Read and write files is the most common IO operation. Python has built-in functions for read and write files, and the usage is compatible with C. The ability to read and write files on disk is provided by the operating system, modern operating systems do not allow programs to operate directly on disks. So, to read and write a file is to ask the operating system to open a file object (usually called a file descriptor), and then, through the interface provided by the operating system, read the data from the file object (read file), or write data to the file object (write file).
1. Read File Example.
To open a file object in file read mode, use Python’s built-in
open() function, passing in the file name and the mode identifier.
>>> f = open('/Users/jerry/hello.txt', 'r')
'r' stands for read.
If the file does not exist, the
open() function throws an IOError and gives you error codes and detailed information to tell you that the file does not exist.
>>> f=open('/Users/jerry/hellooo.txt', 'r') Traceback (most recent call last): File "<stdin>", line 1, in <module> FileNotFoundError: [Errno 2] No such file or directory: '/Users/jerry/hellooo.txt'
If the file opens successfully, use
read() method can read the entire contents of the file at once. Python reads the content into memory, and use a string object to save the content.
>>> f.read() 'Hello, world!'
The final step is to call the
close() method to close the file. The file must be closed after it is used, because the file object will occupy the operating system’s resources, and the number of files that operating system can open at the same time is limited also.
Since IOError can occur when a file is read or write, so the
f.close() may not be invoked if an error occurs. So, to make sure that the file is closed correctly whether or not something goes wrong, we can use
try... finally to avoid the issue.
try: f = open('/Document/python/test.txt', 'r') print(f.read()) finally: if f: f.close()
But it’s too verbose to do this every time, so Python introduced the
with statement to automatically call the
close() method for us.
with open('/Document/python/abc.txt', 'r') as f: print(f.read())
This is same as the previous
try... finally code block, but the code is more simpler, and you don’t have to call the
read() method will reads the entire contents of the file at once, and if the file has 10 gigabytes, the memory will explodes. So, to be safe, you can call the
read(size) method repeatedly, reading up to size bytes at a time. In addition, a call to
readline() reads one line at a time, calls
readlines() reads all lines at once, and returns a list, each list item is one line text.
If the file size is small,
read() is easiest to read all content at once. If you cannot determine the file size, repeatedly call
read(size) for security. If it’s a configuration file, you had better to use
for line in f.readlines(): print(line.strip()) # Remove '\n' at the line tail.
1.1 file-like Object
Objects such as those returned by the
open() function with a
read() method are called file-like objects in Python. In addition to file, the object can be byte streams in memory, network streams, custom streams, and so on. File-like objects do not require inheritance from a particular class, just be required to have a
StringIO is a file-like Object created in memory, often used as a temporary buffer.
1.2 Binary File
All of the above examples defaults mentioned to read text files, and are utf-8 encoded text files. To read binary files, such as images, video, and so on, open the file in
>>> f = open('/Document/Images/test.jpg', 'rb') >>> f.read() b'\xdd\xf8\xee\xf1\xff\x18Exif\xff\xee...' # Hexadecimal bytes
1.3 Character Encoding
To read a text file that is not utf-8 encoded, you need to pass in the
encoding parameters to the
open() function, for example, to read the GBK-encoded file.

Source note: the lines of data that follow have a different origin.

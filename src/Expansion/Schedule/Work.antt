-- ===== src/Expansion/Schedule/Work.antt =====
-- Updates of one item, and the states of dependencies.
use elamite.Base.{
  ℕ, zero, suc, ◌<◌, ◌≡◌, refl, sym, ap, ◌∙◌, true, false, ◌&&◌, ◌⊎◌, inl, inr, List, [], ◌∷◌,
  Option, none, some, arith, get_elem?, get_elem?-some, length, any, all, contains, ◌==◌, ==_refl,
  ==→eq, Bool-cases, subst,
}
use elamite.Expansion.Chain.{ExpansionWorkState, completed, ScheduledExpansion}
use elamite.Expansion.Defs.{is_completed, is_recovered, update_at, add_state, states_of}

module _ {ℓ} {A : Type ℓ} (f : A → A) where
  pub length-update_at : (i : ℕ) (xs : List A) → length (update_at i f xs) ≡ length xs
  unfolding update_at
  length-update_at i [] = refl
  length-update_at zero (x ∷ xs) = refl
  length-update_at (suc i) (x ∷ xs) = ap suc (length-update_at i xs)

  pub get_elem?-update_at :
      (i : ℕ) (xs : List A) (x : A)
      → get_elem? xs i ≡ some x
      → get_elem? (update_at i f xs) i ≡ some (f x)
  unfolding update_at
  get_elem?-update_at i [] x h = cc
  get_elem?-update_at zero (y ∷ xs) x h = cc
  get_elem?-update_at (suc i) (y ∷ xs) x h = get_elem?-update_at i xs x h

  pub get_elem?-update_at_other :
      (i j : ℕ) (xs : List A) → (j ≡ i → ⊥) → get_elem? (update_at i f xs) j ≡ get_elem? xs j
  unfolding update_at
  get_elem?-update_at_other i j [] h = refl
  get_elem?-update_at_other zero zero (y ∷ xs) h = absurd (h refl)
  get_elem?-update_at_other zero (suc j) (y ∷ xs) h = refl
  get_elem?-update_at_other (suc i) zero (y ∷ xs) h = refl
  get_elem?-update_at_other (suc i) (suc j) (y ∷ xs) h =
      get_elem?-update_at_other i j xs (λ e. h (ap suc e))

pub ids_cases : (i j : ℕ) → (j ≡ i) ⊎ (j ≡ i → ⊥)
ids_cases i j = elim (Bool-cases (j == i)) [
  | inl e ↦ inl (==→eq j i e)
  | inr e ↦ inr (λ same. let yes_same : j == i ≡ true = rw same (==_refl i) in cc)
]

-- The states are alike for the items that depend on them.
abbrev pub SameFlags : ExpansionWorkState → ExpansionWorkState → Type 0
SameFlags a b = (is_recovered b ≡ is_recovered a) × (is_completed b ≡ is_completed a)

is_completed-eq : (st : ExpansionWorkState) → is_completed st ≡ true → st ≡ completed
unfolding is_completed
is_completed-eq completed h = refl
is_completed-eq _ h = cc

module _ {Kind : Type 0} where
  -- An entry after an update is the updated one, or an entry of before.
  pub update_at_cases :
      (f : ScheduledExpansion Kind → ScheduledExpansion Kind) (i j : ℕ)
      (work : List (ScheduledExpansion Kind)) (r x : ScheduledExpansion Kind)
      → get_elem? work i ≡ some r
      → get_elem? (update_at i f work) j ≡ some x
      → ((j ≡ i) × (x ≡ f r)) ⊎ ((j ≡ i → ⊥) × (get_elem? work j ≡ some x))
  update_at_cases f i j work r x e h = elim (ids_cases i j) [
    | inl same ↦
        let there : get_elem? (update_at i f work) i ≡ some x =
          subst (λ z. get_elem? (update_at i f work) z ≡ some x) same h in
        let made = get_elem?-update_at f i work r e in inl (same, cc)
    | inr apart ↦ inr (apart, sym (get_elem?-update_at_other f i j work apart) ∙ h)
  ]

  -- An item that is completed.
  abbrev pub CompletedAt : List (ScheduledExpansion Kind) → ℕ → Type 0
  CompletedAt work d =
      (r : ScheduledExpansion Kind) × (get_elem? work d ≡ some r) × (r.state ≡ completed)

  -- A pending item waits: none of its dependencies is recovered, and not all are completed.
  abbrev pub Waits : List (ScheduledExpansion Kind) → List ℕ → Type 0
  Waits work ds =
      (states : List ExpansionWorkState) × (states_of work ds ≡ some states)
      × (any is_recovered states ≡ false)
      × (all is_completed states ≡ false)

  abbrev pub AlikeAt : List (ScheduledExpansion Kind) → List (ScheduledExpansion Kind) → ℕ → Type 0
  AlikeAt work after d =
      (x : ScheduledExpansion Kind)
      → get_elem? work d ≡ some x
      → (y : ScheduledExpansion Kind) × (get_elem? after d ≡ some y) × SameFlags x.state y.state

  pub states_of-some :
      (work : List (ScheduledExpansion Kind)) (ds : List ℕ)
      → ((d : ℕ) → contains d ds ≡ true → d < length work)
      → (states : List ExpansionWorkState) × (states_of work ds ≡ some states)
  unfolding states_of add_state contains
  states_of-some work [] h = ([], refl)
  states_of-some work (d ∷ ds) h =
      let (r, e) = get_elem?-some work d (h d (rw (==_refl d) refl)) in
      let (states, e') = states_of-some work ds (λ x m. h x (ground arith)) in
      (r.state ∷ states, rw (e, e') refl)

  -- What a list of states says of the items, and the other way.
  abbrev Flags : List (ScheduledExpansion Kind) → List (ScheduledExpansion Kind) → List ℕ → Type 0
  Flags work after ds =
      (states : List ExpansionWorkState)
      → states_of work ds ≡ some states
      → (new : List ExpansionWorkState) × (states_of after ds ≡ some new)
        × (any is_recovered new ≡ any is_recovered states)
        × (all is_completed new ≡ all is_completed states)

  pub add_state-inv :
      (o : Option (ScheduledExpansion Kind)) (more : Option (List ExpansionWorkState))
      (states : List ExpansionWorkState)
      → add_state o more ≡ some states
      → (r : ScheduledExpansion Kind) × (rest : List ExpansionWorkState) × (o ≡ some r)
        × (more ≡ some rest)
        × (states ≡ r.state ∷ rest)
  unfolding add_state
  add_state-inv (some r) (some rest) states h = (r, rest, refl, refl, cc)
  add_state-inv none more states h = cc
  add_state-inv (some r) none states h = cc

  states_of-Flags :
      (work after : List (ScheduledExpansion Kind)) (ds : List ℕ)
      → ((d : ℕ) → contains d ds ≡ true → AlikeAt work after d)
      → Flags work after ds
  unfolding states_of add_state contains
  states_of-Flags work after [] h states e =
      let same : [] ≡ states = cc in
      ([], refl, ap (any is_recovered) same, ap (all is_completed) same)
  states_of-Flags work after (d ∷ ds) h states e =
      let (r, rest, at, more, is) = add_state-inv (get_elem? work d) (states_of work ds) states e in
      let (y, there, same) = h d (rw (==_refl d) refl) r at in
      let (new, later, any_same, all_same) =
        states_of-Flags work after ds (λ x m. h x (ground arith)) rest more in
      (
        y.state ∷ new,
        rw (there, later) refl,
        rw (is, same.0, any_same) refl,
        rw (is, same.1, all_same) refl,
      )

  pub Waits-alike :
      (work after : List (ScheduledExpansion Kind)) (ds : List ℕ)
      → ((d : ℕ) → contains d ds ≡ true → AlikeAt work after d)
      → Waits work ds
      → Waits after ds
  Waits-alike work after ds h (states, e, a, b) =
      let (new, e', a', b') = states_of-Flags work after ds h states e in (new, e', a' ∙ a, b' ∙ b)

  -- If all states are completed, so is every dependency.
  pub states_of-CompletedAt :
      (work : List (ScheduledExpansion Kind)) (ds : List ℕ) (states : List ExpansionWorkState)
      → states_of work ds ≡ some states
      → all is_completed states ≡ true
      → (d : ℕ) → contains d ds ≡ true
      → CompletedAt work d
  unfolding states_of contains
  states_of-CompletedAt work [] states e h d m = cc
  states_of-CompletedAt work (x ∷ ds) states e h d m =
      let (r, rest, at, more, is) = add_state-inv (get_elem? work x) (states_of work ds) states e in
      let both : is_completed r.state && all is_completed rest ≡ true =
        subst (λ z. all is_completed z ≡ true) is h in
      elim (Bool-cases (x == d)) [
        | inl same ↦ (r, rw (← ==→eq x d same) at, is_completed-eq r.state (ground arith))
        | inr apart ↦ states_of-CompletedAt work ds rest more (ground arith) d (rw apart at m)
      ]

>>> f = open('/Document/text/gbk_test.txt', 'r', encoding='gbk') >>> f.read() '开发'
You may encounter
UnicodeDecodeError when you come across files that are not coded properly, because there may be some illegally encoded characters in the text file. In this case, the
open() function also have an
errors parameter, indicating what to do if an encoding error is encountered. The easiest way is to just ignore the error.
>>> f = open('/Document/dev/gbk.txt', 'r', encoding='gbk', errors='ignore')
2. Write File Example.
Write a file is same as read a file, except that when you call the
open() function, you pass in the mode identifier
'w' to write text or
'wb' to write binary data.
>>> f = open('/Users/jerry/hello_world.txt', 'w') >>> f.write('Hello, world!') >>> f.close()
You can call
write() repeatedly to write a file, but be sure to call
f.close() to close the file. When we write a file, the operating system doesn’t write the data to disk immediately, but instead caches it in memory and writes it when it’s free. Only when the
close() method is called does the operating system guarantee that all unwritten data is written to disk. The consequence of forgetting to call
close() is that some data that unwritten may be lost. So, it’s safe to use the
with open('/Users/jerry/hello_world.txt', 'w') as f: f.write('Hello, world!')
To write special encoded string into text file, pass the encoding parameter into the
open() method, the
open method will automatically convert the string to the specified encoding.
When write a file in
'w' mode, if the file already exists, it overrides it (equivalent to write a new file after delete it). What if we want to append text to the end of the file? You can pass in
'a' mode to append text to the end of the file.